Eu não gosto de estrangeirismo. É impressionante o quanto de palavras estrangeiras importadas se alastram pelo território vocálico brasileiro. Isso me causa antipatia.
Dia desses deparei-me com um tal de “bombshell” em uma postagem de fofoca sobre celebridades. Bombshell… É claro que pensei em bomba de gasolina da Shell. Nos comentários – o local mais interessante das redes sociais – várias pessoas se perguntavam o que significava tal palavra, uma arriscou com um “será que fulana é uma bomba?”. Como tudo na internet é veloz, logo apareceu uma alma gentil que explicou que “era uma gíria antiga utilizada nos cinemas americanos dos anos 1950, para dizer que uma loira é “bombástica”. Por que não valorizar a beleza com o emprego simples de “loiraça” ou mesmo “louraça”? Abarca beleza e proporciona grandiosidade.

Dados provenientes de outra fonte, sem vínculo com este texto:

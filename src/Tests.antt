-- ===== src/Tests.antt =====
-- Runs of the program's parts on concrete inputs.
mod Samples
mod Payments
mod Approvals
mod Callbacks
mod Queries
mod System
mod Daraja
mod Tools
mod Auth
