-- ===== src/Tests/Samples.antt =====
-- Sample surroundings and requests.
use mpesa_mcp_server.Common.{ℕ, zero, suc, ◌*◌, String, true, none, some}
use mpesa_mcp_server.Common.Int.{pos}
use mpesa_mcp_server.Common.Exec.{ok, err, exception}
use mpesa_mcp_server.Payments.Providers.{
  PaymentProvider, PaymentInitiationResponse, PaymentStatusResponse,
}
use mpesa_mcp_server.Payments.Records.{StkPush, PaymentSettings}
use mpesa_mcp_server.World.{Env}

abbrev pub accepted : PaymentInitiationResponse
accepted = record {
  provider = "daraja";
  rail = "mpesa";
  checkout_request_id = "ws_1";
  merchant_request_id = "m_1";
  provider_transaction_id = some "ws_1";
  provider_reference = some "m_1";
  response_code = "0";
  response_description = "Accepted";
  status = "pending";
  error_category = none;
  raw_response = none;
}

abbrev pub queried : PaymentStatusResponse
queried = record {
  provider = "daraja";
  rail = "mpesa";
  checkout_request_id = "ws_1";
  provider_transaction_id = some "ws_1";
  provider_reference = some "ws_1";
  result_code = "0";
  result_description = "Done";
  status = "completed";
  error_category = none;
  raw_response = none;
}

abbrev pub accepting : PaymentProvider
accepting = record {
  initiate_payment = λ calls request. ok accepted;
  check_transaction_status = λ calls reference. ok queried;
}

-- Distinct identifiers that need no arithmetic: as many dashes as identifiers before.
abbrev pub dashes : ℕ → String
dashes zero = ""
dashes (suc n) = String.◌∷◌ "-" (dashes n)

-- The clock moves on by a second with each reading.
abbrev pub env : Env
env = record {
  clock = λ n. n * 1000000;
  new_id = λ n. dashes (suc n);
  sha256 = λ text. text;
  correlation_id = none;
  payment_provider = accepting;
}

-- A provider that never answers.
abbrev pub failing : Env
failing = record env {
  payment_provider = record {
    initiate_payment = λ calls request. err (exception "timeout");
    check_transaction_status = λ calls reference. err (exception "timeout");
  };
}

abbrev pub settings : PaymentSettings
settings = record {
  max_stk_amount = pos 10000;
  approvals = record {
    expiry_minutes = 30;
    required_reviewers = 1;
    high_risk_required_reviewers = 2;
    high_risk_amount_threshold = pos 50000;
    has_audit_logger = true;
  };
}

abbrev pub push : ℕ → StkPush
push n = record {
  phone_number = some "254700000000";
  amount = some (pos n);
  account_reference = "INV-1";
  description = "Invoice";
  idempotency_key = some "key-1";
}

A língua portuguesa é uma das mais belas do mundo e abundante em vocábulos com seus muitos sinônimos. Nada justifica o uso de palavras estrangeiras jogadas em meio as portuguesas como se joga dados. A sorte é aleatória. As palavras nos revelam.
Ao assistir um vídeo no YouTube, um influenciador inseria uma palavra estrangeira a cada quatro portuguesas. Era um tal de “mindset” para lá, “call” para cá e até um tal de “job”. Em algum momento, alguém enviou um comentário com uma citação inglesa, de tamanho razoável, para que ele comentasse a respeito, julgando que o mesmo conhecia e falava inglês. Mas não. O influenciador ficou sério e ao olhar acanhado para a câmera confessou que não sabia inglês.
Nos bons tempos como radialista, em especial como locutora de FM, várias eram as músicas executadas em inglês. Lembro que, no início, tinha muita dificuldade com a pronúncia e os locutores mais antigos sempre me lembravam: “Se não sabe ou não tem segurança quanto a pronúncia, é melhor não falar, senão ficará feio”. Segui com certa desconfiança até desenvolver a pronúncia básica. Com precaução sempre; medo, jamais.
O uso do estrangeirismo não garante fluência na língua estrangeira. Vocábulos soltos não constroem frases. No fim, é um desrespeito com ambas. E ainda nesse fim: não se fala nem uma, nem outra e tampouco uma terceira (dialeto). A comunicação torna-se fria e as pessoas dispersam-se com rapidez.
Aprecio o regionalismo, atento-me as gírias, pois me permitem compreender outras culturas, conhecer um pouco o Brasil.
Em 2005 visitei Salvador, minha melhor viagem, agradável e rica. Assim que cheguei, minha amiga soteropolitana me perguntou “se eu comia água”. Prudentemente perguntei o significado, e ela: “como se diz na tua terra quando se quer beber muito?”. Sem titubear respondi: “Ah, encher a cara, chapar os cocos”. Ela não deixou evaporar: “Então, bora encher a cara, comer água?”. Aceitei.
Por dias, com o nosso grupo, perambulando por praias e tantos pontos turísticos, compreendi e dei razão ao uso corriqueiro da expressão: os baianos não bebem, comem com disposição e fartura. Ingerem doses volumosas. Faz todo sentido. Povo forte até na bebida. Um brinde aos conterrâneos de Caetano Veloso, que faço das palavras dele um pouco as minhas “que povo lindo!”.
Se a bombshell eleva uma beldade, o mesmo não se pode dizer do emprego de “mulherzinha”. Quando estive em Natal vi o quanto essa palavra é usada facilmente. Por lá, tudo bem. Porém, quando soube que uma nativa iria, em pouco tempo, passar alguns dias no Espírito Santo, achei melhor advertir: “Olha, quando chegar lá não use mulherzinha, pois literalmente é diminuir, menosprezar uma mulher e, ao contrário daqui, vai gerar confusão”.
E por falar no Espírito Santo há duas palavras que empregamos com naturalidade, em especial, a segunda: cacunda e gastura. A primeira se refere aos “ombros, costas”, desconfio que seja uma variação de “corcunda”. Já gastura é o mesmo que agonia. Compreensível se considerar o que algo gasto, algo que foi muito utilizado pode nos provocar.
Essas gírias, entre tantas outras, despertam um olhar compassivo sobre como o brasileiro, em diferentes estados e regiões, compreende o seu entorno. Isso não o empobrece. O uso estranho e compulsivo do estrangeirismo, sim.
A língua portuguesa, nossa bela herança lusa, é rica, viva e reciclável. Filha predileta do latim, é poética em si. Por fim, e sem cessar, a beleza das palavras encontra-se no seu correto emprego em um contexto. Bombástico.